## Dataset entries
::::::::
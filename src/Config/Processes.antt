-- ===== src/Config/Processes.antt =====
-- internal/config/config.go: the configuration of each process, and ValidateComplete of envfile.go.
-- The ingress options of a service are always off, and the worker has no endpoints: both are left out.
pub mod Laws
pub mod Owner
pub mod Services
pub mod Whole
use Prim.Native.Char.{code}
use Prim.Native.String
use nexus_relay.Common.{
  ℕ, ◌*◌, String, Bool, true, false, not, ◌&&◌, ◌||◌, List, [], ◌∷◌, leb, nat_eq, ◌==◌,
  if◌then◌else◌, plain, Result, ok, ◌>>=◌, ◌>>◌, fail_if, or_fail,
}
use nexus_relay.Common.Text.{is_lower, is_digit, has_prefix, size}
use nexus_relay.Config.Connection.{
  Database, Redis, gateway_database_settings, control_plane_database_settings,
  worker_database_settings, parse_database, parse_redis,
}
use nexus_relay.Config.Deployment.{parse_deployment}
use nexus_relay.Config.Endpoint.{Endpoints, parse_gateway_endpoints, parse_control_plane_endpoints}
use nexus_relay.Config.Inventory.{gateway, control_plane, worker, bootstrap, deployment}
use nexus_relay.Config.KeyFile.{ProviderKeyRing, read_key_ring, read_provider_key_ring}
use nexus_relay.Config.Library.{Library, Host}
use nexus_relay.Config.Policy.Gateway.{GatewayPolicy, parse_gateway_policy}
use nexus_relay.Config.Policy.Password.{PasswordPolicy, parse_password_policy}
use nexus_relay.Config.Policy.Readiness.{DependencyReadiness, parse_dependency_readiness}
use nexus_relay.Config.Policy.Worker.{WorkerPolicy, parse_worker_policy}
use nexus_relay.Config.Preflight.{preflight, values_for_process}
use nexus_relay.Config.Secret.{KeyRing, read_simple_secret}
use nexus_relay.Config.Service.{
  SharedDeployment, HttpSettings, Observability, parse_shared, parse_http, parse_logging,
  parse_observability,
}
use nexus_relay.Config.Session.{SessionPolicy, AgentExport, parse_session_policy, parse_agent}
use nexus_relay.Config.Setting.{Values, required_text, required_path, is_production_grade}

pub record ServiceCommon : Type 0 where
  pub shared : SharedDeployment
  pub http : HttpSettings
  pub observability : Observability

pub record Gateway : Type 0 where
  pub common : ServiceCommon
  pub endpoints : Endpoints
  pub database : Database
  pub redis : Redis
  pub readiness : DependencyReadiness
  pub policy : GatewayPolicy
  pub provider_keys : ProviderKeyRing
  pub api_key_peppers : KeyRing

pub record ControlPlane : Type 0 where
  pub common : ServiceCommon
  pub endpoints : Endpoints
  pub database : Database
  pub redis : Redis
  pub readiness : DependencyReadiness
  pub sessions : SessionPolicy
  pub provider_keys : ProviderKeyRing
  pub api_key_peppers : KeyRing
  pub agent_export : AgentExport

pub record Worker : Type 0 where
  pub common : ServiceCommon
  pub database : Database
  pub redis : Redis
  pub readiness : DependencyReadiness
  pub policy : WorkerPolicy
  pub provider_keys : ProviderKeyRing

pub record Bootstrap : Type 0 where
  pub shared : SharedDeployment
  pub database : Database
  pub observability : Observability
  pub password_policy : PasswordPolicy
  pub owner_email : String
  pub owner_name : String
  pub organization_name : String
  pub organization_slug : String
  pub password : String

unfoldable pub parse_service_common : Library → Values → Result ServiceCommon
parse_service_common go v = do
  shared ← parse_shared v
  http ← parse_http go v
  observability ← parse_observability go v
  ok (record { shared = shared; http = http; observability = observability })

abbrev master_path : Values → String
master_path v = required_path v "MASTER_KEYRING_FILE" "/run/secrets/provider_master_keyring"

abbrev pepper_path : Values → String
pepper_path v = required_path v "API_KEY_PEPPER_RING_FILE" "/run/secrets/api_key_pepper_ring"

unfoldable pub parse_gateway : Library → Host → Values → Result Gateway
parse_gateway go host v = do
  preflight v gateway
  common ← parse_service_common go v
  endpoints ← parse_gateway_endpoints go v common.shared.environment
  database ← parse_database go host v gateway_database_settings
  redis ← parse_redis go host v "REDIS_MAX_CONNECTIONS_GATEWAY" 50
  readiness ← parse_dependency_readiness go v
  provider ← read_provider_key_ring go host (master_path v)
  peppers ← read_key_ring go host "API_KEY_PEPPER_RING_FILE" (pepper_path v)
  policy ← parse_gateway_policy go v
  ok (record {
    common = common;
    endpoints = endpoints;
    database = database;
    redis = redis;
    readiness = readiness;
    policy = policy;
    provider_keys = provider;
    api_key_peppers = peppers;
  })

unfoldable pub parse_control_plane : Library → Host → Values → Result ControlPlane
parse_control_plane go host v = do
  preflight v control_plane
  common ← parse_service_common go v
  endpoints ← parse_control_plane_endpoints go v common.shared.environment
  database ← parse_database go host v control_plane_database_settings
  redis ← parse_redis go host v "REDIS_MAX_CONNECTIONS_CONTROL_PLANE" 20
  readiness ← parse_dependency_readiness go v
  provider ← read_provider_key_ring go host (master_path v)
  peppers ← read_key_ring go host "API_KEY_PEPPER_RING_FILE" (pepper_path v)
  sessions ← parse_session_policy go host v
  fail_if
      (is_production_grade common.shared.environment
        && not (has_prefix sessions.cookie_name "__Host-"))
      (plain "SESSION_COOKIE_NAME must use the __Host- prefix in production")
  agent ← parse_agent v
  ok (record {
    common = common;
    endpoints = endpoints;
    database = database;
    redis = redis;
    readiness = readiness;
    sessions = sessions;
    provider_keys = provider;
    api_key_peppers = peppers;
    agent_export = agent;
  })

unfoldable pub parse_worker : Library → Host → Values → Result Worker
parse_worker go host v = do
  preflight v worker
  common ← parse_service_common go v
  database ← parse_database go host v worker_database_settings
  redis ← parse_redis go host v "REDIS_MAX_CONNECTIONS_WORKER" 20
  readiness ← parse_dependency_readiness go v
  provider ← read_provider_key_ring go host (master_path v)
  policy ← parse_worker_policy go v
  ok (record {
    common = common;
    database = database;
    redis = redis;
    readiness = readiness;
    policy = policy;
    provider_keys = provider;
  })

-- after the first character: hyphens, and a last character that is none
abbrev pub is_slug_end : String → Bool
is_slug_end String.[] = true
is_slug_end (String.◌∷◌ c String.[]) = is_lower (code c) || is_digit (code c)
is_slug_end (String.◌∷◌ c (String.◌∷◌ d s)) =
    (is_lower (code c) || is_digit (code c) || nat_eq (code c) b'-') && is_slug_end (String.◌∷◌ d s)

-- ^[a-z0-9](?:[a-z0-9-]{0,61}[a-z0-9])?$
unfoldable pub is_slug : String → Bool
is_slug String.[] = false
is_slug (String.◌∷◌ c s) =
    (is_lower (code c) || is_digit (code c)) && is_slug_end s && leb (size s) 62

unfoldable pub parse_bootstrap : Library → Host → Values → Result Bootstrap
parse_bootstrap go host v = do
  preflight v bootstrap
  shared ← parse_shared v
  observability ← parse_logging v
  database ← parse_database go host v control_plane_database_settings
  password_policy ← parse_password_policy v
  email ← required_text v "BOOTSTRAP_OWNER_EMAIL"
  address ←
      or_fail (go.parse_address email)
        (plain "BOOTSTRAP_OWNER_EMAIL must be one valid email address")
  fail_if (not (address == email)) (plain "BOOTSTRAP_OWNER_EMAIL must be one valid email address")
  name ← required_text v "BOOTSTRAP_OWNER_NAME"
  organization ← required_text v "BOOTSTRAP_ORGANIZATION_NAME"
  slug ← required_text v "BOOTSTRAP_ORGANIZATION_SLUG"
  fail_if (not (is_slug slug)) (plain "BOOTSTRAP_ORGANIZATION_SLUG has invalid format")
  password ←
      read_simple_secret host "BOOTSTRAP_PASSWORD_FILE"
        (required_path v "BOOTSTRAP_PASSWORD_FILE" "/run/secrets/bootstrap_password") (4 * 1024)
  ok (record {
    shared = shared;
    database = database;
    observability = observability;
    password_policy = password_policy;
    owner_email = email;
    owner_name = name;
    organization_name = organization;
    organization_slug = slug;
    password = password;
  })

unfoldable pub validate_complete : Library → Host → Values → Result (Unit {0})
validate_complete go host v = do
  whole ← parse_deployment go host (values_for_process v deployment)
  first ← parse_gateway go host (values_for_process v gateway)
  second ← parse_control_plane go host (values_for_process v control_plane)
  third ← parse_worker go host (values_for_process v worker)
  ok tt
::::::::
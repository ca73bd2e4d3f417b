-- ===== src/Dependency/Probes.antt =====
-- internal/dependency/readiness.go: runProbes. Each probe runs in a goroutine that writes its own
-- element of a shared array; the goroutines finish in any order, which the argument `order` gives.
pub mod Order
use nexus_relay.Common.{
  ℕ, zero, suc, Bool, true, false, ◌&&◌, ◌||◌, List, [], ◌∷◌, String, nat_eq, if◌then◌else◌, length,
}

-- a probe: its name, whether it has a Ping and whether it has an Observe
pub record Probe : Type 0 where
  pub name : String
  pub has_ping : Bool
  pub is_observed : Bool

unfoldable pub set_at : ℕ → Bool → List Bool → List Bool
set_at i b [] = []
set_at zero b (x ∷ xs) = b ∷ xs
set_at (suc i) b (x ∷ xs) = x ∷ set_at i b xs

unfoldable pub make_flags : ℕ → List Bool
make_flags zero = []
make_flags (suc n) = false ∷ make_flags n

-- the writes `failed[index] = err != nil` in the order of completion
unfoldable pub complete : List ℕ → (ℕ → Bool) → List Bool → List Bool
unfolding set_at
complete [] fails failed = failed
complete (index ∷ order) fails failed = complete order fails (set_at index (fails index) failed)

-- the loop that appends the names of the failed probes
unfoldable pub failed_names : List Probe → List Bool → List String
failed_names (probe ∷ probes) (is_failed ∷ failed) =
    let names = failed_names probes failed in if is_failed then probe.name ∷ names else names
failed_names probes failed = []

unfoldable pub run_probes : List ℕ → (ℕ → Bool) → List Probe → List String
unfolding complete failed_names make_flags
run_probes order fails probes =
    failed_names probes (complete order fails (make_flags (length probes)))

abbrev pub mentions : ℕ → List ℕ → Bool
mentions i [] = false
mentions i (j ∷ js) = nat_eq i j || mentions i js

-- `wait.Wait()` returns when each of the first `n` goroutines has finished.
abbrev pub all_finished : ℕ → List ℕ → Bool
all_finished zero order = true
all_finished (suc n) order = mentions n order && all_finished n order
::::::::
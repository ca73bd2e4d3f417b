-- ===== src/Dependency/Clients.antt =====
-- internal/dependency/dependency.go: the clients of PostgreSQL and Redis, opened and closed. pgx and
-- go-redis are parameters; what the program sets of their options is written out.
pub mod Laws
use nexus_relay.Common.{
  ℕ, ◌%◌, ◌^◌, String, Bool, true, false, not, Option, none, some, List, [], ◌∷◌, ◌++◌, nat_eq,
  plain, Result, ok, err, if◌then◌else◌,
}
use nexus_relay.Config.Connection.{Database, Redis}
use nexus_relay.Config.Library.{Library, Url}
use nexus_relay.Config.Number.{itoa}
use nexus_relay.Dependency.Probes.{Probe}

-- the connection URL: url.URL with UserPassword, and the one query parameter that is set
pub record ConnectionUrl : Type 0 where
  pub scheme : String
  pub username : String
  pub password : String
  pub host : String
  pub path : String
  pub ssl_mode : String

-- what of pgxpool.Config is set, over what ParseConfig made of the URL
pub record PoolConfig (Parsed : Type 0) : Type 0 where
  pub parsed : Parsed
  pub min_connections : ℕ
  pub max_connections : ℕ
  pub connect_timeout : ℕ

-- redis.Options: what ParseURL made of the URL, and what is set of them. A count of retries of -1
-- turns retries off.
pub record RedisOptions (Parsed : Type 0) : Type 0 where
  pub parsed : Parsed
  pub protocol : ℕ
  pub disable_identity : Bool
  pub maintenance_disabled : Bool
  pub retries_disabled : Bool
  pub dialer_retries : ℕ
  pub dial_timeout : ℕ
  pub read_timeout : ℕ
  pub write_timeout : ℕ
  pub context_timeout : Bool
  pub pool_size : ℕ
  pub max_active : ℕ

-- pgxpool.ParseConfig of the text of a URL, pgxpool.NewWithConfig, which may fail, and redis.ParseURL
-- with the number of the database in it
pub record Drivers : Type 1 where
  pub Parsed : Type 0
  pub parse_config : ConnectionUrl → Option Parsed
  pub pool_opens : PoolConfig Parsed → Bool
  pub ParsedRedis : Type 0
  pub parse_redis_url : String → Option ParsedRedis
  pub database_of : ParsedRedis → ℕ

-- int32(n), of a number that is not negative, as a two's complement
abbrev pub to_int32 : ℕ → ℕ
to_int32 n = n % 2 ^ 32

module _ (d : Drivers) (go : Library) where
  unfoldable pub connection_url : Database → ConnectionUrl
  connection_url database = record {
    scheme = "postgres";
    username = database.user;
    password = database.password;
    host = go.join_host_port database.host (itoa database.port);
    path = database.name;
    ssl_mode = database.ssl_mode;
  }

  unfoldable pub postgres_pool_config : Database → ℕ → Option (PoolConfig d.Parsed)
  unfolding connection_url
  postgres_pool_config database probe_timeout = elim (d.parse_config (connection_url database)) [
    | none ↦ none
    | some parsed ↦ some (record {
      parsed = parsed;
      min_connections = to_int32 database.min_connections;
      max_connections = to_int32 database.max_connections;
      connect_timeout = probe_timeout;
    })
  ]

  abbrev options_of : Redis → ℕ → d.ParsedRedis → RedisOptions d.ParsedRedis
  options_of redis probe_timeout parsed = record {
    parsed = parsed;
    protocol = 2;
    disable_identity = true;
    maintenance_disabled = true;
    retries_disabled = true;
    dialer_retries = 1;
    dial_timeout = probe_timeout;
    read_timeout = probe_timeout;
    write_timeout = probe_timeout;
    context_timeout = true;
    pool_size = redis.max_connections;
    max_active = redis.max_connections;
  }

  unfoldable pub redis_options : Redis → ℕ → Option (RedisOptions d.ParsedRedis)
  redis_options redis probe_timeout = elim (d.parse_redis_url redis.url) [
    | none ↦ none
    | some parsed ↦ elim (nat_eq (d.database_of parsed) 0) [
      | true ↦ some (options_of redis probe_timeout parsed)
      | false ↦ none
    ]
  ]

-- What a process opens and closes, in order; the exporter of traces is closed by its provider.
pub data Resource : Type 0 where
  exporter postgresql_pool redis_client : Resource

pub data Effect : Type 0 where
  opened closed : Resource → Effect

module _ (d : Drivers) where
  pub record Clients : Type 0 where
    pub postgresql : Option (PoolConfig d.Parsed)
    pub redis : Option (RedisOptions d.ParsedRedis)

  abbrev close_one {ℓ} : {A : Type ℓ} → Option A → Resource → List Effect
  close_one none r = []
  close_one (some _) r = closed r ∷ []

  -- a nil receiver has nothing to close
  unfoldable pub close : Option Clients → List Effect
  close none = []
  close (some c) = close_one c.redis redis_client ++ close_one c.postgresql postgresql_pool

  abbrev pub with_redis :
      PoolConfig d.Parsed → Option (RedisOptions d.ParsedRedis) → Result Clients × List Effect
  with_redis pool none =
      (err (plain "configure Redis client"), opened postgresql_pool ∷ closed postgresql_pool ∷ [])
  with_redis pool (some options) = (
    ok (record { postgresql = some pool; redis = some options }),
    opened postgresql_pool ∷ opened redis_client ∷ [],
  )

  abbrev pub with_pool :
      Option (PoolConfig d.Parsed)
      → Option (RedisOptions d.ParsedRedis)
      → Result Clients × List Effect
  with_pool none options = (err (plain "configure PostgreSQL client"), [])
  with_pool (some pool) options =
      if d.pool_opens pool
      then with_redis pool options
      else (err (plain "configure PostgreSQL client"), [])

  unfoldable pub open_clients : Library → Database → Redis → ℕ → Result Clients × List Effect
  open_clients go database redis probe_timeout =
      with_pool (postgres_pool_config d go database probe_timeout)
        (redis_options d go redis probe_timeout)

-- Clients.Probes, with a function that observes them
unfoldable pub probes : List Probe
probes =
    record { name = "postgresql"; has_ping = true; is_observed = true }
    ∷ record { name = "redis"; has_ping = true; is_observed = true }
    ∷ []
::::::::
## Task description
Retype exactly the lines of the data above that fall between the line with "maintenance_disabled = true;" and the line with "redis probe_timeout parsed)", inclusive, and add nothing.

## Answer to this problem
    maintenance_disabled = true;
    retries_disabled = true;
    dialer_retries = 1;
    dial_timeout = probe_timeout;
    read_timeout = probe_timeout;
    write_timeout = probe_timeout;
    context_timeout = true;
    pool_size = redis.max_connections;
    max_active = redis.max_connections;
  }

  unfoldable pub redis_options : Redis → ℕ → Option (RedisOptions d.ParsedRedis)
  redis_options redis probe_timeout = elim (d.parse_redis_url redis.url) [
    | none ↦ none
    | some parsed ↦ elim (nat_eq (d.database_of parsed) 0) [
      | true ↦ some (options_of redis probe_timeout parsed)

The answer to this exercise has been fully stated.